Abstract

We improve the class of subcompatible self-maps used by (Akbar and Khan, 2009) by introducing a new class of noncommuting self-maps called modified subcompatible self-maps. For this new class, we establish some common fixed point results and obtain several invariant approximation results as applications. In support of the proved results, we also furnish some illustrative examples.

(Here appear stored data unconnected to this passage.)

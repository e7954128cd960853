-- ===== src/Queries/Decode.antt =====
-- The request that a key stands for, read off what is seen of the key.
use finance_buddy.Api.MutualFunds
use finance_buddy.Api.Tax
use finance_buddy.Api.Equity
use finance_buddy.Api.Budget
use finance_buddy.Api.Budget.{
  get_budget_sessions, get_budget_overview, get_budget_categories, get_budget_transactions,
  get_budget_accounts, get_budget_transfers, get_budget_recurring, get_budget_forecast,
  get_budget_anomalies, get_budget_coverage, get_budget_reconciliation, request, get_budget_sankey,
  get_budget_envelopes,
}
use finance_buddy.Api.Equity.{
  get_equity_summary, get_equity_allocation, get_equity_holdings, get_equity_pnl,
  get_equity_performance, get_equity_insights, search_stocks, analyze_stock,
}
use finance_buddy.Api.MutualFunds.{
  get_mandate_overlap, get_benchmark_overlay, get_summary, get_holdings, get_what_if,
  get_fund_insights, get_allocation, get_journey, get_market_summary, get_insights,
  get_sip_attribution, get_sip_projection, get_market_config, get_rebalance_plan, get_performance,
  get_overview, get_transactions, get_tax_harvest, get_xirr_by_fy,
}
use finance_buddy.Api.Request.{Request, text, plain, get, flag}
use finance_buddy.Api.Tax.{
  get_itr_data, get_tax_expert_summary, get_tax_expert_income, get_tax_expert_capital_gains,
  compare_tax_regimes, get_tax_rules,
}
use finance_buddy.Prelude.{
  Bool, Text, [], codes, false, if◌then◌else◌, some, starts_with, suc, text_eq, zero, ℕ, ◌||◌, ◌∷◌,
}
use finance_buddy.Queries.Seen.{
  Fields, SeenKey, SeenPart, SeenRequest, merged, read, seen_boolean, seen_fields, seen_nothing,
  seen_request, seen_str,
}

abbrev pub part_text : SeenPart → Text
part_text (seen_str t) = t
part_text seen_nothing = codes "null"
part_text _ = []

abbrev pub part_fields : SeenPart → Fields
part_fields (seen_fields f) = f
part_fields _ = read []

abbrev pub part_flag : SeenPart → Bool
part_flag (seen_boolean b) = b
part_flag _ = false

abbrev pub at : ℕ → SeenKey → SeenPart
at n [] = seen_nothing
at zero (part ∷ key) = part
at (suc n) (part ∷ key) = at n key

abbrev pub tail : SeenKey → SeenKey
tail [] = []
tail (part ∷ key) = key

abbrev pub asking : Fields → Request → SeenRequest
asking f r = record (seen_request r) { fields = f }

unfoldable pub decode_mutual_funds : Text → Text → SeenKey → SeenRequest
unfolding MutualFunds.request
decode_mutual_funds root id rest =
    if text_eq root (codes "summary")
    then seen_request
        (MutualFunds.request (get_summary id (("benchmark", text (part_text (at 0 rest))) ∷ [])))
    else if text_eq root (codes "overview")
    then seen_request (
        MutualFunds.request (
          get_overview id (
            ("period", text (part_text (at 0 rest)))
            ∷ ("benchmark", text (part_text (at 1 rest)))
            ∷ [])))
    else if text_eq root (codes "benchmark-overlay")
    then seen_request (
        MutualFunds.request (
          get_benchmark_overlay id (
            ("period", text (part_text (at 0 rest)))
            ∷ ("benchmarks", text (part_text (at 1 rest)))
            ∷ [])))
    else if text_eq root (codes "holdings")
    then asking (merged (part_fields (at 0 rest)) (part_fields (at 1 rest)))
        (MutualFunds.request (get_holdings id []))
    else if text_eq root (codes "allocation")
    then asking (part_fields (at 0 rest)) (MutualFunds.request (get_allocation id []))
    else if text_eq root (codes "performance")
    then asking
        (merged
          (merged (part_fields (at 1 rest)) (read (("period", text (part_text (at 0 rest))) ∷ [])))
          (part_fields (at 2 rest)))
        (MutualFunds.request (get_performance id []))
    else if text_eq root (codes "rebalance")
    then seen_request (
        MutualFunds.request
          (get_rebalance_plan id (("profile", text (part_text (at 0 rest))) ∷ [])))
    else if text_eq root (codes "tax-harvest")
    then seen_request (MutualFunds.request (get_tax_harvest id))
    else if text_eq root (codes "sip-projection")
    then asking (part_fields (at 0 rest)) (MutualFunds.request (get_sip_projection id []))
    else if text_eq root (codes "xirr-by-fy")
    then seen_request (MutualFunds.request (get_xirr_by_fy id))
    else if text_eq root (codes "sip-attribution")
    then seen_request (MutualFunds.request (get_sip_attribution id))
    else if text_eq root (codes "what-if")
    then asking (part_fields (at 0 rest)) (MutualFunds.request (get_what_if id []))
    else if text_eq root (codes "mandate-overlap")
    then seen_request (MutualFunds.request (get_mandate_overlap id))
    else if text_eq root (codes "insights")
    then seen_request
        (MutualFunds.request (get_insights id (("benchmark", text (part_text (at 0 rest))) ∷ [])))
    else if text_eq root (codes "journey")
    then seen_request (MutualFunds.request (get_journey id))
    else if text_eq root (codes "fund-insights")
    then seen_request (
        MutualFunds.request (
          get_fund_insights id (part_text (at 0 rest))
            (("name", text (part_text (at 1 rest))) ∷ [])))
    else if text_eq root (codes "transactions")
    then seen_request
        (MutualFunds.request (get_transactions id (("fund", text (part_text (at 0 rest))) ∷ [])))
    else seen_request (plain get [])

unfoldable pub decode_tax : Text → Text → SeenKey → SeenRequest
unfolding Tax.request
decode_tax root id rest =
    if text_eq root (codes "tax-expert-itr")
    then seen_request (Tax.request (get_itr_data id))
    else if text_eq root (codes "tax-expert-summary")
    then seen_request (Tax.request (get_tax_expert_summary id (some (part_text (at 0 rest)))))
    else if text_eq root (codes "tax-expert-income")
    then seen_request (Tax.request (get_tax_expert_income id))
    else if text_eq root (codes "tax-expert-capital-gains")
    then seen_request (Tax.request (get_tax_expert_capital_gains id))
    else if text_eq root (codes "tax-expert-compare")
    then seen_request (Tax.request (compare_tax_regimes id))
    else if text_eq root (codes "tax-rules")
    then seen_request (Tax.request (get_tax_rules))
    else seen_request (plain get [])

unfoldable pub decode_equity : (Text → Text) → Text → Text → SeenKey → SeenRequest
unfolding Equity.request
decode_equity encode root id rest =
    if text_eq root (codes "summary")
    then seen_request (Equity.request encode (get_equity_summary id))
    else if text_eq root (codes "allocation")
    then seen_request (Equity.request encode (get_equity_allocation id))
    else if text_eq root (codes "holdings")
    then seen_request (
        Equity.request encode (
          get_equity_holdings id (
            ("sort_by", text (part_text (at 0 rest)))
            ∷ ("ascending", flag (part_flag (at 1 rest)))
            ∷ [])))
    else if text_eq root (codes "pnl")
    then seen_request (Equity.request encode (get_equity_pnl id))
    else if text_eq root (codes "performance")
    then seen_request (
        Equity.request encode (
          get_equity_performance id (
            ("period", text (part_text (at 0 rest)))
            ∷ ("benchmark", text (part_text (at 1 rest)))
            ∷ [])))
    else if text_eq root (codes "insights")
    then seen_request (Equity.request encode (get_equity_insights id))
    else if text_eq root (codes "stock-search")
    then seen_request (Equity.request encode (search_stocks id))
    else if text_eq root (codes "stock-analysis")
    then seen_request (Equity.request encode (analyze_stock id))
    else seen_request (plain get [])

unfoldable pub decode_budget : (Text → Text) → Text → Text → SeenKey → SeenRequest
unfolding Budget.request
decode_budget encode root id rest =
    if text_eq root (codes "sessions")
    then seen_request (Budget.request encode (get_budget_sessions))
    else if text_eq root (codes "overview")
    then asking (part_fields (at 0 rest)) (Budget.request encode (get_budget_overview id []))
    else if text_eq root (codes "categories")
    then asking (part_fields (at 0 rest)) (Budget.request encode (get_budget_categories id []))
    else if text_eq root (codes "transactions")
    then asking (part_fields (at 0 rest)) (Budget.request encode (get_budget_transactions id []))
    else if text_eq root (codes "accounts")
    then seen_request (Budget.request encode (get_budget_accounts (some id)))
    else if text_eq root (codes "transfers")
    then seen_request (Budget.request encode (get_budget_transfers id))
    else if text_eq root (codes "recurring")
    then seen_request (Budget.request encode (get_budget_recurring id))
    else if text_eq root (codes "forecast")
    then seen_request (Budget.request encode (get_budget_forecast id))
    else if text_eq root (codes "anomalies")
    then seen_request (Budget.request encode (get_budget_anomalies id))
    else if text_eq root (codes "reconciliation")
    then seen_request (Budget.request encode (get_budget_reconciliation id))
    else if text_eq root (codes "coverage")
    then seen_request (Budget.request encode (get_budget_coverage id))
    else if text_eq root (codes "sankey")
    then seen_request (Budget.request encode (get_budget_sankey id))
    else if text_eq root (codes "envelopes")
    then seen_request (Budget.request encode (get_budget_envelopes id))
    else seen_request (plain get [])

unfoldable pub decode_market : Text → SeenRequest
unfolding MutualFunds.request
decode_market root =
    if text_eq root (codes "market-summary")
    then seen_request (MutualFunds.request get_market_summary)
    else seen_request (MutualFunds.request get_market_config)

unfoldable pub decode : (Text → Text) → SeenKey → SeenRequest
unfolding decode_mutual_funds decode_tax decode_equity decode_budget decode_market
decode encode [] = seen_request (plain get [])
decode encode (root ∷ rest) =
    let r = part_text root in
    if text_eq r (codes "equity")
    then decode_equity encode (part_text (at 0 rest)) (part_text (at 1 rest)) (tail (tail rest))
    else if text_eq r (codes "budget")
    then decode_budget encode (part_text (at 0 rest)) (part_text (at 1 rest)) (tail (tail rest))
    else if starts_with r (codes "market-")
    then decode_market r
    else if starts_with r (codes "tax-expert-") || text_eq r (codes "tax-rules")
    then decode_tax r (part_text (at 0 rest)) (tail rest)
    else decode_mutual_funds r (part_text (at 0 rest)) (tail rest)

1. Introduction and Preliminaries

From the last five decades, fixed point theorems have been used in many instances in invariant approximation theory. The idea of applying fixed point theorems to approximation theory was initiated by Meinardus [1] where he employs a fixed point theorem of Schauder to establish the existence of an invariant approximation. Later on, Brosowski [2] used fixed point theory to establish some interesting results on invariant approximation in the setting of normed spaces and generalized Meinardus’s results. Singh [3], Habiniak [4], Sahab et al. [5], and Jungck and Sessa [6] proved some similar results in the best approximation theory. Further, Al-Thagafi [7] extended these works and proved some invariant approximation results for commuting self-maps. Al-Thagafi results have been further extended by Hussain and Jungck [8], Shahzad [9–14] and O’Regan and Shahzad [15] to various class of noncommuting self-maps, in particular to R-subweakly commuting and R-subcommuting self-maps. Recently, Akbar and Khan [16] extended the work of [7–15] to more general noncommuting class, namely, the class of subcompatible self-maps.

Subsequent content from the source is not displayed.